Modelling of air brake

Modelling will first focus on PCP systems, and then models of ECP systems and locomotive air brake systems can be easily derived from that of PCP systems. To develop an empirical air brake model, the first step is to characterise the dynamic behaviour of the air brake system and to determine their quantifying parameters. Then, a mathematic function has to be selected to fit quantifying parameters. During this process, fitting tools such as the Matlab can be used.

Brake pressures in steady states

Brake cylinder pressures after an air brake system reaches a steady state (e.g. pressure after the 20th second in Figure 5(g)) is considered as a nonlinear function of the inputs, that is, the brake commands indicate the final pressure reductions in the brake pipe,

P_{s} = ε f_{1} (P_{r}),

(1)

where $P_{r}$ is brake commands that indicate the final pressure reduction; $P_{s}$ is the brake cylinder pressures in a steady state; $ε$ is a parameter used to account for empty-load or diaphragm type brake system, that is, load dependent pressure control; $f_{1}$ is a look-up table function. Note that in some books, such as Rao,²⁵ linear function expressed as equation (2), is used.

P_{s} = P_{r} V_{a} / V_{b} - 100,

(2)

where $V_{a}$ is the volume of the auxiliary reservoir; $V_{b}$ is the volume of the brake cylinder. Whereas information abstracted from experimental data indicates that a nonlinear function is required.

Brake delay

Time delays of brake and release of air brakes are influenced by the propagation speeds of pressure waves in brake pipes as well as by the formations of different trains, that is, positions of the locomotives and number of waggons.
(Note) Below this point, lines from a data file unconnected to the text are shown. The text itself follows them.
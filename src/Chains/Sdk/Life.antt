-- ===== src/Chains/Sdk/Life.antt =====
-- The life of a `ChainSDK` of `chains/chain.go`: `NewChainSDK`, then rounds of `monitor` and calls
-- of `Select` in any order. The locks make each of these one step.
use bridge_common.Prelude.{
  ℕ, ◌<◌, ◌≡◌, refl, sym, ap, ◌∙◌, ◌⊎◌, inl, inr, true, List, ltb, some, ◌↔◌, subst, length,
  get_elem?, arith, length-map,
}
use bridge_common.Chains.Sdk.{
  Answer, ChainSdk, nothing_yet, update_selection, select, new_chain_sdk, init,
}
use bridge_common.Chains.Sdk.Selection.{update_selection_lem}
use bridge_common.Chains.Sdk.Polling.{reported, length-ping_all}
use bridge_common.Chains.Sdk.RoundRobin.{select_lem}

module _ {N : Type 0} where
  pub record IsValid (s : ChainSdk N) : Type 0 where
    pub flags : length s.state ≡ length s.nodes
    pub cursor_in : (s.cursor < length s.nodes) ⊎ (s.cursor ≡ 0)
    -- `s.nodes[s.Index()]`, which the chain packages use, is the node that `s.Node()` returns.
    pub node_at_index : s.sdk ≡ get_elem? s.nodes s.index
    pub up_or_down :
        (s.status ≡ 1) × (0 < s.height) × (s.index < length s.nodes)
        ⊎ (s.status ≡ 0) × (s.height ≡ 0) × (s.index ≡ 0)

  pub data Step : ChainSdk N → ChainSdk N → Type 0 where
    polls : (answer : ℕ → Answer) (s : ChainSdk N) → Step s (update_selection answer s)
    selects : (s s' : ChainSdk N) (c : ℕ) → select s ≡ some (c, s') → Step s s'

  pub data Reach (s : ChainSdk N) : ChainSdk N → Type 0 where
    here : Reach s s
    next : {t u : ChainSdk N} → Reach s t → Step t u → Reach s u

  -- What a round leaves alone.
  fixed : (answer : ℕ → Answer) (s : ChainSdk N) → (update_selection answer s).nodes ≡ s.nodes
  unfolding update_selection
  fixed answer s = refl

  length-state :
      (answer : ℕ → Answer) (s : ChainSdk N)
      → length (update_selection answer s).state ≡ length s.nodes
  unfolding update_selection
  length-state answer s = length-map _ _ ∙ length-ping_all answer 0 s.nodes nothing_yet

  cursor-update_selection :
      (answer : ℕ → Answer) (s : ChainSdk N) → (update_selection answer s).cursor ≡ s.cursor
  unfolding update_selection
  cursor-update_selection answer s = refl

  -- A round makes everything but the cursor valid, whatever the state before.
  pub update_selection-IsValid :
      (answer : ℕ → Answer) (s : ChainSdk N)
      → (s.cursor < length s.nodes) ⊎ (s.cursor ≡ 0)
      → IsValid (update_selection answer s)
  unfolding update_selection
  update_selection-IsValid answer s c = elim (update_selection_lem answer s) [
    | inl (up, w) ↦ record {
      flags = length-state answer s;
      cursor_in = c;
      node_at_index = w.node;
      up_or_down = inl (up, w.positive, w.in_range);
    }
    | inr (down, w) ↦ record {
      flags = length-state answer s;
      cursor_in = c;
      node_at_index = w.fallback ∙ ap (get_elem? s.nodes) (sym w.first_index);
      up_or_down = inr (down, w.no_height, w.first_index);
    }
  ]

  select-pos : (s : ChainSdk N) {r : ℕ × ChainSdk N} → select s ≡ some r → 0 < length s.nodes
  unfolding select
  select-pos s e = ground arith

  -- `Select` keeps all but the cursor, which it moves to the index that it returns.
  pub select-IsValid :
      (s s' : ChainSdk N) (c : ℕ) → select s ≡ some (c, s') → IsValid s → IsValid s'
  select-IsValid s s' c e v =
      let (c₀, found, w) = select_lem s (select-pos s e) v.flags in
      let same : record s { cursor = c₀ } ≡ s' = cc (sym found ∙ e) in
      subst IsValid same (record {
        flags = v.flags;
        cursor_in = inl (omega (arith, w.place, select-pos s e));
        node_at_index = v.node_at_index;
        up_or_down = v.up_or_down;
      })

  Step-IsValid : {s s' : ChainSdk N} → Step s s' → IsValid s → IsValid s'
  Step-IsValid (polls answer s) v = update_selection-IsValid answer s v.cursor_in
  Step-IsValid (selects s s' c e) v = select-IsValid s s' c e v

  Reach-IsValid : {s s' : ChainSdk N} → Reach s s' → IsValid s → IsValid s'
  Reach-IsValid here v = v
  Reach-IsValid (next r st) v = Step-IsValid st (Reach-IsValid r v)

  select-nodes : (s s' : ChainSdk N) (c : ℕ) → select s ≡ some (c, s') → s'.nodes ≡ s.nodes
  unfolding select
  select-nodes s s' c e = ground arith

  Step-nodes : {s s' : ChainSdk N} → Step s s' → s'.nodes ≡ s.nodes
  Step-nodes (polls answer s) = fixed answer s
  Step-nodes (selects s s' c e) = select-nodes s s' c e

  pub Reach-nodes : {s s' : ChainSdk N} → Reach s s' → s'.nodes ≡ s.nodes
  Reach-nodes here = refl
  Reach-nodes (next r st) = Step-nodes st ∙ Reach-nodes r

  new-cursor :
      (chain_id : ℕ) (nodes : List N) (interval max_gap : ℕ)
      → (new_chain_sdk chain_id nodes interval max_gap).cursor ≡ 0
  unfolding new_chain_sdk
  new-cursor chain_id nodes interval max_gap = refl

  -- Whatever the nodes answer, and in whatever order rounds and calls of `Select` follow
  -- `NewChainSDK`: there is a flag for each node, the cursor is in range, the node that `Node`
  -- returns is the one at `Index`, and the status tells whether a node reported a height.
  pub Reach-new_chain_sdk :
      (chain_id : ℕ) (nodes : List N) (interval max_gap : ℕ) (answer : ℕ → Answer) (s : ChainSdk N)
      → Reach (init answer (new_chain_sdk chain_id nodes interval max_gap)).0 s
      → IsValid s
  unfolding init
  Reach-new_chain_sdk chain_id nodes interval max_gap answer s r =
      Reach-IsValid r
        (update_selection-IsValid answer _ (inr (new-cursor chain_id nodes interval max_gap)))

  -- `NewChainSDK` reports no error exactly when some node reported a positive height.
  pub init_ok :
      (answer : ℕ → Answer) (s : ChainSdk N)
      → ((init answer s).1 ≡ true) ↔ ((k : ℕ) × (k < length s.nodes) × (0 < reported (answer k)))
  unfolding init update_selection
  init_ok answer s = elim (update_selection_lem answer s) [
    | inl (up, w) ↦ (
      (λ h. (_, w.in_range, omega (arith, w.positive, ap reported w.reports))),
      (λ h. ap (λ (k : ℕ). ltb 0 k) up),
    )
    | inr (off, w) ↦ (
      (λ h. cc (sym (ap (λ (k : ℕ). ltb 0 k) off) ∙ h)),
      (λ h. absurd (omega (arith, w.silent h.0 h.1, h.2))),
    )
  ]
In this paper, pressure wave propagation speed is modelled as a nonlinear function of the brake inputs as:

v_{air} = f_{2} (P_{r}),

(3)

where $v_{air}$ is pressure change wave propagation speed; $f_{2}$ is a look-up table function. To determine brake delays for waggons in a DP train, their signal sources have to be determined as discussed in Section 2.1. An algorithm expressed as equation (4) can be used to determine the time delay for waggons.

t_{d, i} = \min {t_{dL, j} + \frac{s_{i} - s_{L, j}}{v_{air}}} (j = 1, n_{loco}),

(4)

where $i$ indicates the waggon position in the train; $t_{d, i}$ indicates the time delay experienced by the $i^{th}$ waggon; $j$ indicates the sequence number of the locomotive; $n_{loco}$ indicates the number of locomotives that are being used in the train; $t_{dL, j}$ is the time delay of the radio signal received by the $j^{th}$ locomotive; $s_{i}$ is the waggon position in meterage on the track of the $i^{th}$ waggon; $s_{L, j}$ is the position in meterage on the track of the $j^{th}$ locomotive. Since the nearest signal source for a locomotive is the locomotive itself, $(s_{i} - s_{L, j})$ will be zero for locomotives, which means equation (4) can be used for all vehicles in the train, including waggons and locomotives. Note that for trains that are equipped with end-of-train (EOT) devices²⁷ or so-called train tails, the last waggon has to be taken as a signal source.

Brake cylinder charging

As can be seen from the measured data in Figure 5, the charging processes for brake cylinders are of nonlinearity in the time domain. And the charging processes for cylinders at different positions are different from each other. A summary of various braking scenarios can lead to that the overall pattern of the charging processes is of an approximate exponential pattern; therefore, an equation expressed as equation (5) was proposed to approximate the processes.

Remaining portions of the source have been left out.